Behind the news: Neural networks are increasingly common in the edit suite.
- Director Peter Jackson used neural networks to isolate dialogue in footage of the Beatles for his 2021 documentary Get Back.
- In the 2021 biopic Roadrunner, filmmaker Morgan Neville synthesized the voice of the deceased celebrity chef Anthony Bourdain. The generated voice recited quotations from emails the chef wrote before his death.
- The English-language release of the 2020 Polish film Mistrz (The Champion) used a neural network from Tel Aviv-based Adapt Entertainment to adjust actors’ lips to dubbed audio.
Why it matters: Fall’s distributor Lionsgate determined that the movie would make more money if it was aimed at a younger audience. However, reshooting the offending scenes might have taken months and cost millions of dollars. AI offered a relatively affordable solution.
We’re thinking: The global popularity of shows like Squid Game, in which the original dialog is Korean, and La Casa de Papel, in which the actors speak Spanish, suggest that dialog replacement could be a blockbuster AI application.
Ensemble Models Simplified
Why build an ensemble of models when you can average their weights?
What’s new: A model whose weights were the mean of an ensemble of fine-tuned models performed as well as the ensemble and better than its best-performing constituent. Mitchell Wortsman led colleagues at University of Washington, Tel Aviv University, Columbia University, Google, and Meta to build this so-called model soup.
Key insight: When fine-tuning a given architecture, it’s common to try many combinations of hyperparameters, collect the resulting models into an ensemble, and combine their results by, say, voting or taking an average. However, the computation and memory requirements increase with each model in the ensemble. Averaging the fine-tuned weights might achieve similar performance without the need to run several models at inference.
How it works: The authors investigated model soups based on 72 pre-trained CLIP models that were fine-tuned on ImageNet.

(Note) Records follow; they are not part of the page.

-- ===== src/ConnMgr/Destroy.antt =====
-- `connmgr_destroy_all_conns` frees every context once.
use native.Mathlib.Decide.{ℕ_discrete}
use mathlib.Core.List.{append_assoc, foldl}
use multithreaded_c_server.Common.{
  Option, ℕ, suc, ◌+◌, ◌≤◌, ◌<◌, ◌≡◌, ◌≢◌, refl, sym, ap, ap₂, ◌∙◌, ◌⊎◌, inl, inr, false, arith,
  none, some, List, [], ◌∷◌, ◌++◌, length, take-append-drop, Ptr, null, ℤ, success, ◌==◌,
  if◌then◌else◌, load-append, store-append, length-snoc, replicate,
}
use multithreaded_c_server.Conn.{Conn}
use multithreaded_c_server.EzArray.{EzArray, get_at, set_at}
use multithreaded_c_server.EzArray.Contents as ArrayOf
use multithreaded_c_server.EzQueue.{EzQueue}
use multithreaded_c_server.EzQueue.Contents as QueueOf
use multithreaded_c_server.EzQueue.Life.{notify, non_null, clear_lem}
use multithreaded_c_server.ConnMgr.{
  ConnMgr, World, is_inbound, update, destroy_conn, destroy_next, destroy_loop, destroy_all_conns,
}
use multithreaded_c_server.ConnMgr.Step.{InStep, fd_of, num_items-length}

abbrev pub Apart : Ptr → List Ptr → Type 0
Apart p [] = Unit {0}
Apart p (p' ∷ ps) = (p ≢ p') × Apart p ps

-- The addresses of a list that are not NULL are those of contexts on the heap, each once.
abbrev pub Owned : World → List Ptr → Type 0
Owned w [] = Unit {0}
Owned w (p ∷ ps) =
    ((p ≡ null) ⊎ ((c : Conn) × (p ≢ null) × (w.contexts p ≡ some c) × Apart p ps)) × Owned w ps

-- The connections torn down, once the one at `p` is: an internal one has no buffers and no mutex.
abbrev pub torn_down : Ptr → Option Conn → List Ptr → List Ptr
torn_down p none ps = ps
torn_down p (some c) ps = if is_inbound c.type then p ∷ ps else ps

-- The world once a connection is closed, torn down and its context freed.
abbrev pub without : Ptr → World → World
without p w = if p == null then w else record w {
  contexts = update w.contexts p none;
  closed = fd_of w p ∷ w.closed;
  destroyed = torn_down p (w.contexts p) w.destroyed;
}

abbrev pub without_all : List Ptr → World → World
without_all [] w = w
without_all (p ∷ ps) w = without_all ps (without p w)

pub destroy_conn-without :
    (w : World) (p : Ptr) (ps : List Ptr) → Owned w (p ∷ ps) → destroy_conn p w ≡ some (without p w)
unfolding destroy_conn
destroy_conn-without w p ps (inl e, owned) = rw e
destroy_conn-without w p ps (inr (c, real, at, apart), owned) =
    let present : (p == null) ≡ false = ground arith in rw (present, at)

pub Owned-update :
    (w : World) (p : Ptr) (fds : List ℤ) (torn ps : List Ptr)
    → Apart p ps
    → Owned w ps
    → Owned (record { contexts = update w.contexts p none; closed = fds; destroyed = torn }) ps
Owned-update w p fds torn [] apart owned = tt
Owned-update w p fds torn (x ∷ ps) (ne, apart) (inl e, owned) =
    (inl e, Owned-update w p fds torn ps apart owned)
Owned-update w p fds torn (x ∷ ps) (ne, apart) (inr (c, real, at, alone), owned) =
    let other : (x == p) ≡ false = ground arith in
    (inr (c, real, rw other at, alone), Owned-update w p fds torn ps apart owned)

pub Owned-without :
    (w : World) (p : Ptr) (ps : List Ptr) → Owned w (p ∷ ps) → Owned (without p w) ps
Owned-without w p ps (inl e, owned) = rw e owned
Owned-without w p ps (inr (c, real, at, apart), owned) =
    let present : (p == null) ≡ false = ground arith in
    rw (present, at)
      (Owned-update w p (fd_of w p ∷ w.closed) (torn_down p (some c) w.destroyed) ps apart owned)

Owned-append : (w : World) (xs ys : List Ptr) → Owned w (xs ++ ys) → Owned (without_all xs w) ys
Owned-append w [] ys owned = owned
Owned-append w (x ∷ xs) ys owned =
    Owned-append (without x w) xs ys (Owned-without w x (xs ++ ys) owned)

without_all-append :
    (w : World) (xs ys : List Ptr) → without_all ys (without_all xs w) ≡ without_all (xs ++ ys) w
without_all-append w [] ys = refl
without_all-append w (x ∷ xs) ys = without_all-append (without x w) xs ys

non_null-cons :
    (p : Ptr) (ps : List Ptr) → (p == null) ≡ false → non_null (p ∷ ps) ≡ p ∷ non_null ps
non_null-cons p ps e = rw e

-- What the callback does on the items of the queue.
notify-without_all :
    (w : World) (ps : List Ptr)
    → Owned w ps
    → notify (some destroy_next) ps (some w) ≡ some (without_all ps w)
notify-without_all w [] owned = refl
notify-without_all w (p ∷ ps) (inl e, owned) = rw e (notify-without_all w ps owned)
notify-without_all w (p ∷ ps) (inr (c, real, at, apart), owned) =
    let present : (p == null) ≡ false = ground arith in
    let one = destroy_conn-without w p ps (inr (c, real, at, apart), owned) in
    ap (λ xs. foldl (λ t x. destroy_next x t) (some w) xs) (non_null-cons p ps present)
    ∙ ap (λ o. foldl (λ t x. destroy_next x t) o (non_null ps)) one
    ∙ notify-without_all (without p w) ps (Owned-without w p ps (inr (c, real, at, apart), owned))

-- The array whose block is `buf`.
abbrev pub with_block : EzArray → List Ptr → EzArray
with_block a buf = record a { pp_buf = buf }

-- One round of the loop: the slot behind `pre` is NULL afterwards.
destroy_loop-suc :
    (a : EzArray) (k : ℕ) (pre : List Ptr) (p : Ptr) (post : List Ptr) (ps : List Ptr) (w : World)
    → length pre < a.num_items
    → a.num_items ≤ a.max_items
    → Owned w (p ∷ ps)
    → destroy_loop (suc k) (length pre) (some (with_block a (pre ++ p ∷ post))) w
      ≡ destroy_loop k (length pre + 1) (some (with_block a (pre ++ null ∷ post))) (without p w)
unfolding destroy_loop get_at set_at
destroy_loop-suc a k pre p post ps w inside count owned =
    rw (found, destroy_conn-without w p ps owned)
      (elim (ℕ_discrete p null) [
        | yes e ↦ rw (e) refl
        | no real ↦ let present : (p == null) ≡ false = ground arith in rw (present, blanked) refl
      ])
  where
    found :
        get_at (some (with_block a (pre ++ p ∷ post))) (length pre) (some null)
        ≡ some (success, some p)
    found = ground (arith, load-append pre p post)

    blanked :
        set_at (some (with_block a (pre ++ p ∷ post))) (length pre) null
        ≡ some (success, some (with_block a (pre ++ null ∷ post)))
    blanked = ground (arith, store-append pre p post null)

destroy_loop-without_all :
    (a : EzArray) (pre ps post : List Ptr) (w : World)
    → length pre + length ps ≤ a.num_items
    → a.num_items ≤ a.max_items
    → Owned w ps
    → destroy_loop (length ps) (length pre) (some (with_block a (pre ++ (ps ++ post)))) w
      ≡ some (some (with_block a (pre ++ (replicate (length ps) null ++ post))), without_all ps w)
unfolding destroy_loop
destroy_loop-without_all a pre [] post w inside count owned = refl
destroy_loop-without_all a pre (p ∷ ps) post w inside count owned =
    destroy_loop-suc a (length ps) pre p (ps ++ post) ps w (omega arith) count owned
    ∙ ap₂ (λ n b. destroy_loop (length ps) n (some (with_block a b)) (without p w))
        (omega (arith, length-snoc pre null)) (sym (append_assoc pre (null ∷ []) (ps ++ post)))
    ∙ destroy_loop-without_all a (pre ++ null ∷ []) ps post (without p w)
        (omega (arith, length-snoc pre null)) count (Owned-without w p ps owned)
    ∙ ap (λ b. some (some (with_block a b), without_all (p ∷ ps) w))
        (append_assoc pre (null ∷ []) (replicate (length ps) null ++ post))

Owned-prefix : (w : World) (xs ys : List Ptr) → Owned w (xs ++ ys) → Owned w xs
Owned-prefix w [] ys owned = tt
Owned-prefix w (x ∷ xs) ys (inl e, owned) = (inl e, Owned-prefix w xs ys owned)
Owned-prefix w (x ∷ xs) ys (inr (c, real, at, apart), owned) =
    (inr (c, real, at, Apart-prefix x xs ys apart), Owned-prefix w xs ys owned)
  where
    Apart-prefix : (p : Ptr) (xs ys : List Ptr) → Apart p (xs ++ ys) → Apart p xs
    Apart-prefix p [] ys apart = tt
    Apart-prefix p (x ∷ xs) ys (ne, apart) = (ne, Apart-prefix p xs ys apart)

-- `connmgr_destroy_all_conns` succeeds on a manager in step: it closes and frees the connections
-- of the array and then those of the queue, an inbound one with its buffers and its mutex, in order, and no other, touching no context that it
-- has freed, and leaves the queue empty. The contexts must be on the heap, each listed once.
pub destroy_all_conns-without_all :
    {w : World} {mgr : ConnMgr} {a : EzArray} {q : EzQueue}
    → InStep w mgr a q
    → Owned w (ArrayOf.contents a ++ QueueOf.contents q)
    → (mgr' : ConnMgr) × (q' : EzQueue) × (destroy_all_conns (some mgr) w
        ≡ some (success, some mgr', without_all (ArrayOf.contents a ++ QueueOf.contents q) w))
      × (mgr'.p_new_conns ≡ some q')
      × (QueueOf.contents q' ≡ [])
unfolding destroy_all_conns
destroy_all_conns-without_all {w} {mgr} {a} {q} s owned =
    let cs = ArrayOf.contents a in
    let spare = ArrayOf.spare a in
    let w1 = without_all cs w in
    let size : length cs ≡ a.num_items = num_items-length s.conns_valid in
    let (q', cleared, v', empty, same) = clear_lem (some destroy_next) (some w1) s.queue_valid in
    let block = replicate (length cs) null ++ spare in
    let looped : destroy_loop mgr.num_active_conns 0 mgr.p_conns w
        ≡ some (some (with_block a block), w1) =
      ap₂ (λ n o. destroy_loop n 0 o w) (s.count_same ∙ sym size)
        (s.conns_at ∙ ap (λ b. some (with_block a b)) (sym (take-append-drop a.num_items a.pp_buf)))
      ∙ destroy_loop-without_all a [] cs spare w (omega (arith, size)) s.conns_valid.count
          (Owned-prefix w cs (QueueOf.contents q) owned) in
    (
      record mgr { p_conns = some (with_block a block); p_new_conns = some q' },
      q',
      rw
          (
            looped,
            s.queue_at,
            cleared,
            notify-without_all w1 (QueueOf.contents q)
                (Owned-append w cs (QueueOf.contents q) owned),
          )
          (ap
            (λ v. some (
              success,
              some (record mgr { p_conns = some (with_block a block); p_new_conns = some q' }),
              v,
            ))
            (without_all-append w cs (QueueOf.contents q))),
      refl,
      empty,
    )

- The authors fine-tuned the models by varying hyperparameters including data augmentations, learning rates, lengths of training, label smoothing (which tempers a model’s response to noisy labels by adding noise), and weight decay (which helps models generalize by encouraging weights to be closer to zero during training).
- They sorted the fine-tuned models according to their accuracy on the validation set.
- Starting with the best-performing model, they averaged its weights with those of the next-best performer. If performance improved, they kept the averaged weights; otherwise, they kept the previous weights. They repeated this process for all fine-tuned models.
Results: The authors’ model achieved 81.03 percent accuracy on ImageNet, while an ensemble of the 72 fine-tuned models achieved 81.19 percent and the single best-performing model achieved 80.38 percent. Testing the ability to generalize to a number of shifted distributions of ImageNet, the authors’ model achieved 50.75 percent average accuracy, the ensemble 50.77 percent, and the best model 47.83 percent.
Why it matters: When training models, it’s common to discard weaker models or build an ensemble. The model-soup method puts that effort into better performance without costing computation or memory at inference.
We're thinking: Averaging weights across various numbers of training steps increased performance in prior work. It's good to find that this method extends to different training runs.